- Dataset records:
-- ===== src/Rates.antt =====
-- backend/app/services/exchange_rates.py: the rates of the coins, kept for a while. The answer of the
-- network and the readings of the clock are arguments. A `Decimal` stands as its text; `str` of a
-- float and the division are parameters.
use vpp_wl_mobile.Prelude.{
  ℕ, ◌+◌, ◌*◌, String, Bool, true, Option, none, some, List, [], ◌∷◌, ◌==◌, ltb, if◌then◌else◌,
  or_else,
}
use vpp_wl_mobile.Prelude.Dict
use vpp_wl_mobile.Prelude.Int.{pos, negsuc}
use vpp_wl_mobile.Json.{Json, int, real, obj, entries}
use vpp_wl_mobile.Errors.{Result, ok, raised, invalid_operation}
use vpp_wl_mobile.Service.{Python}
use vpp_wl_mobile.Service.Payload.{truth, text}
use vpp_wl_mobile.Service.Wallets.{Coin}
use vpp_wl_mobile.Repository.{minute}

-- `ExchangeRateService`, without its lock.
pub record ExchangeRateService : Type 0 where
  pub provider : String
  pub rates : Dict.Dict String
  pub last_updated : Option ℕ

unfoldable pub new_service : String → ExchangeRateService
new_service provider = record { provider = provider; rates = []; last_updated = none }

-- `_CACHE_TTL`
abbrev pub cache_ttl : ℕ
cache_ttl = 15 * minute

-- `_is_stale` at a time.
unfoldable pub is_stale : ℕ → ExchangeRateService → Bool
is_stale now service = elim service.last_updated [
  | none ↦ true
  | some updated ↦ ltb (updated + cache_ttl) now
]

-- What the body of the loop does with the price of a coin.
pub data Price : Type 0 where
  raises skipped : Price
  rate : String → Price

module _ (py : Python) where
  -- A price that is true and not a number cannot be compared, or is no `Decimal`.
  unfoldable pub positive_price : Json → Price
  unfolding text
  positive_price (int (pos n)) = rate (text py (int (pos n)))
  positive_price (int (negsuc n)) = skipped
  positive_price (real (pos n)) = rate (text py (real (pos n)))
  positive_price (real (negsuc n)) = skipped
  positive_price v = raises

  unfoldable pub price_of : Json → Price
  unfolding positive_price truth entries
  price_of (obj prices) = elim (Dict.get "rub" (entries prices)) [
    | none ↦ skipped
    | some v ↦ if truth v then positive_price v else skipped
  ]
  price_of v = raises

  -- The loop; `none` if it raises.
  unfoldable pub read_rates : List (String × Json) → Dict.Dict String → Option (Dict.Dict String)
  unfolding price_of
  read_rates [] rates = some rates
  read_rates ((coin_id, prices) ∷ items) rates = elim (price_of prices) [
    | raises ↦ none
    | skipped ↦ read_rates items rates
    | rate r ↦ read_rates items (Dict.insert coin_id r rates)
  ]

  -- The rates of an answer of the network, if it comes and can be read.
  unfoldable pub new_rates : Option Json → Dict.Dict String
  unfolding read_rates entries
  new_rates (some (obj fields)) = or_else (read_rates (entries fields) []) []
  new_rates _ = []

  -- The end of `_refresh_locked`.
  abbrev pub keep_rates : Dict.Dict String → ℕ → ExchangeRateService → ExchangeRateService
  keep_rates [] now service = service
  keep_rates (r ∷ rates) now service = record service { rates = r ∷ rates; last_updated = some now }

  -- `_refresh_locked`, with what the network answers.
  unfoldable pub refresh_locked : Option Json → ℕ → ExchangeRateService → ExchangeRateService
  unfolding new_rates
  refresh_locked answer now service =
      if service.provider == "fixed" then service else keep_rates (new_rates answer) now service

  -- The service when `_get_rate` reads the rates.
  unfoldable pub current : ℕ → Option Json → ℕ → ExchangeRateService → ExchangeRateService
  unfolding is_stale refresh_locked
  current at answer now service =
      if is_stale at service then refresh_locked answer now service else service

  -- `_get_rate`
  unfoldable pub get_rate :
      String → ℕ → Option Json → ℕ → ExchangeRateService → Option String × ExchangeRateService
  unfolding current
  get_rate coingecko_id at answer now service =
      let fresh = current at answer now service in (Dict.get coingecko_id fresh.rates, fresh)

  -- `str((rub / rate).quantize(...))`, which raises InvalidOperation where `convert` is `none`.
  abbrev pub converted : Option String → Result (Option String)
  converted none = raised invalid_operation
  converted (some amount) = ok (some amount)

  -- `coin_amount`; `convert` is the price over the rate, rounded up to a number of digits, for a price
  -- and a rate for which `Decimal` can do so: not for an infinite price, nor for more than 28 digits.
  unfoldable pub coin_amount :
      (String → String → ℕ → Option String)
      → String
      → Coin
      → ℕ
      → Option Json
      → ℕ
      → ExchangeRateService
      → Result (Option String) × ExchangeRateService
  unfolding get_rate
  coin_amount convert price_rub coin at answer now service =
      let (found, fresh) = get_rate coin.coingecko_id at answer now service in
      elim found [
        | none ↦ (ok none, fresh)
        | some r ↦ (converted (convert price_rub r coin.decimals), fresh)
      ]
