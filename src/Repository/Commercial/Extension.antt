-- ===== src/Repository/Commercial/Extension.antt =====
-- Activating a commercial subscription extends it: no paid time is lost, and none is given twice.
use vpp_wl_mobile.Prelude.{
  inr, inl, ap, ◌∙◌, ◌≤◌, Option-cases, refl, lt→ltb, or_else, max, ◌⊎◌, Option, ℕ, ◌+◌, ◌*◌, ◌<◌,
  String, ◌≡◌, ◌≢◌, true, none, some, arith,
}
use vpp_wl_mobile.Prelude.Dict
use vpp_wl_mobile.Prelude.Dict.{get-insert_ne, get-insert}
use vpp_wl_mobile.Models.{CommercialSubscription, is_paid, expires_after}
use vpp_wl_mobile.Errors.{Result, ok, raised, overflow_error}
use vpp_wl_mobile.Repository.{Repo, day, max_datetime, max_timedelta_days}
use vpp_wl_mobile.Repository.Commercial.{
  add_days, extension_base, activate_commercial_subscription, store_activated, activated,
  get_commercial_subscription,
}

-- What a finished `activate_commercial_subscription` has done for a token that holds `s`.
pub record Extends (token : String) (s : CommercialSubscription) (days now : ℕ)
    (before after : Repo) (u : CommercialSubscription) : Type 0 where
  pub stored : get_commercial_subscription token after ≡ some u
  pub expiry : u.expires_at ≡ some (max (or_else s.expires_at now) now + days * day)
  pub paid : (t : ℕ) → t < max (or_else s.expires_at now) now + days * day → is_paid u t ≡ true
  pub same : (u.token ≡ s.token) × (u.tariff_id ≡ s.tariff_id) × (u.created_at ≡ s.created_at)
  pub others :
      (j : String)
      → j ≢ token
      → get_commercial_subscription j after ≡ get_commercial_subscription j before

abbrev pub Activates :
    String → ℕ → ℕ → Repo → Result (Option CommercialSubscription) × Repo → Type 0
Activates token days now before (ok none, r) =
    (get_commercial_subscription token before ≡ none) × (r ≡ before)
Activates token days now before (ok (some u), r) =
    (s : CommercialSubscription) × (get_commercial_subscription token before ≡ some s)
    × Extends token s days now before r u
Activates token days now before (raised e, r) =
    (s : CommercialSubscription) × (get_commercial_subscription token before ≡ some s)
    × (e ≡ overflow_error)
    × (r ≡ before)
    × ((max_timedelta_days < days)
        ⊎ (max_datetime < max (or_else s.expires_at now) now + days * day))

extension_base-max : (o : Option ℕ) (now : ℕ) → extension_base o now ≡ max (or_else o now) now
unfolding extension_base
extension_base-max none now = ground arith
extension_base-max (some t) now = ground arith

add_days-cases :
    (base n : ℕ)
    → (add_days base n ≡ some (base + n * day))
      ⊎ ((add_days base n ≡ none) × ((max_timedelta_days < n) ⊎ (max_datetime < base + n * day)))
unfolding add_days
add_days-cases base n = ground arith

add_days_fits :
    (base n : ℕ)
    → n ≤ max_timedelta_days
    → base + n * day ≤ max_datetime
    → add_days base n ≡ some (base + n * day)
unfolding add_days
add_days_fits base n h k = ground arith

activated-Extends :
    (token : String) (s : CommercialSubscription) (days now : ℕ) (pid : Option String) (r : Repo)
    → let t = max (or_else s.expires_at now) now + days * day in
      Extends token s days now r
        (store_activated token s (some t) pid now r).1
        (activated s t pid now)
unfolding get_commercial_subscription
activated-Extends token s days now pid r = record {
  stored = Dict.get-insert_self token _ r.commercial_subscriptions_by_token;
  expiry = refl;
  paid = λ t h. unfold is_paid expires_after in lt→ltb t _ h;
  same = (refl, refl, refl);
  others = λ j ne. get-insert_ne token j _ r.commercial_subscriptions_by_token ne;
}

-- `activate_commercial_subscription` of an unknown token changes nothing and returns `None`. Of a
-- known one it makes the subscription paid for `days` days more, counted from its expiry if that
-- lies ahead and from now otherwise, and changes no other token's; or the sum is past the last
-- `datetime`, or the days past the longest `timedelta`, and it raises `OverflowError` and changes
-- nothing.
pub activate_commercial_subscription-Activates :
    (token : String) (days now : ℕ) (pid : Option String) (r : Repo)
    → Activates token days now r (activate_commercial_subscription token days pid now r)
unfolding activate_commercial_subscription
activate_commercial_subscription-Activates token days now pid r =
    elim (Option-cases (Dict.get token r.commercial_subscriptions_by_token)) [
      | inl unknown ↦
          rw (unknown, activate_commercial_subscription)
            (unfold get_commercial_subscription in (unknown, refl))
      | inr (s, known) ↦
          rw (known, activate_commercial_subscription)
            (rw extension_base-max
              (elim (add_days-cases (max (or_else s.expires_at now) now) days) [
                | inl fits ↦ rw fits (
                  s,
                  unfold get_commercial_subscription in known,
                  activated-Extends token s days now pid r,
                )
                | inr (fails, why) ↦
                    rw fails (s, unfold get_commercial_subscription in known, refl, refl, why)
              ]))
    ]

-- An activation of a known token whose days and expiry are in range.
activation_runs :
    (token : String) (s : CommercialSubscription) (days now : ℕ) (pid : Option String) (r : Repo)
    → get_commercial_subscription token r ≡ some s
    → days ≤ max_timedelta_days
    → max (or_else s.expires_at now) now + days * day ≤ max_datetime
    → (u : CommercialSubscription) × ((activate_commercial_subscription token days pid now r).0
        ≡ ok (some u))
      × Extends token s days now r (activate_commercial_subscription token days pid now r).1 u
unfolding activate_commercial_subscription get_commercial_subscription
activation_runs token s days now pid r known short fits =
    let t = max (or_else s.expires_at now) now + days * day in
    rw (known, activate_commercial_subscription)
      (rw extension_base-max (
        rw (add_days_fits (max (or_else s.expires_at now) now) days short fits)
          (activated s t pid now, refl, activated-Extends token s days now pid r)))

-- Two activations, the second before the time of the first has run out, give the days of both: in
-- range they end at the expiry that one activation of all the days gives.
pub activate_twice :
    (token : String) (s : CommercialSubscription) (d1 d2 now later : ℕ) (p1 p2 : Option String)
    (r : Repo)
    → get_commercial_subscription token r ≡ some s
    → d1 ≤ max_timedelta_days
    → d2 ≤ max_timedelta_days
    → max (or_else s.expires_at now) now + (d1 + d2) * day ≤ max_datetime
    → later ≤ max (or_else s.expires_at now) now + d1 * day
    → (u : CommercialSubscription) × (get_commercial_subscription token
          (activate_commercial_subscription token d2 p2 later
            (activate_commercial_subscription token d1 p1 now r).1).1
        ≡ some u)
      × (u.expires_at ≡ some (max (or_else s.expires_at now) now + (d1 + d2) * day))
activate_twice token s d1 d2 now later p1 p2 r known h1 h2 fits early =
    let (u, _, first) = activation_runs token s d1 now p1 r known h1 (omega arith) in
    let base = max (or_else u.expires_at later) later in
    let e : base ≡ max (or_else s.expires_at now) now + d1 * day = rw first.expiry (omega arith) in
    let (v, _, second) = activation_runs token u d2 later p2 _ first.stored h2 (omega arith) in
    (v, second.stored, second.expiry ∙ ap some (omega arith))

- Assigned task: From the records above, transcribe exactly the run of lines that opens with the line holding "ok (some u))" and closes with the line holding "d2 ≤ max_timedelta_days", both included.

- Reply:
        ≡ ok (some u))
      × Extends token s days now r (activate_commercial_subscription token days pid now r).1 u
unfolding activate_commercial_subscription get_commercial_subscription
activation_runs token s days now pid r known short fits =
    let t = max (or_else s.expires_at now) now + days * day in
    rw (known, activate_commercial_subscription)
      (rw extension_base-max (
        rw (add_days_fits (max (or_else s.expires_at now) now) days short fits)
          (activated s t pid now, refl, activated-Extends token s days now pid r)))

-- Two activations, the second before the time of the first has run out, give the days of both: in
-- range they end at the expiry that one activation of all the days gives.
pub activate_twice :
    (token : String) (s : CommercialSubscription) (d1 d2 now later : ℕ) (p1 p2 : Option String)
    (r : Repo)
    → get_commercial_subscription token r ≡ some s
    → d1 ≤ max_timedelta_days
    → d2 ≤ max_timedelta_days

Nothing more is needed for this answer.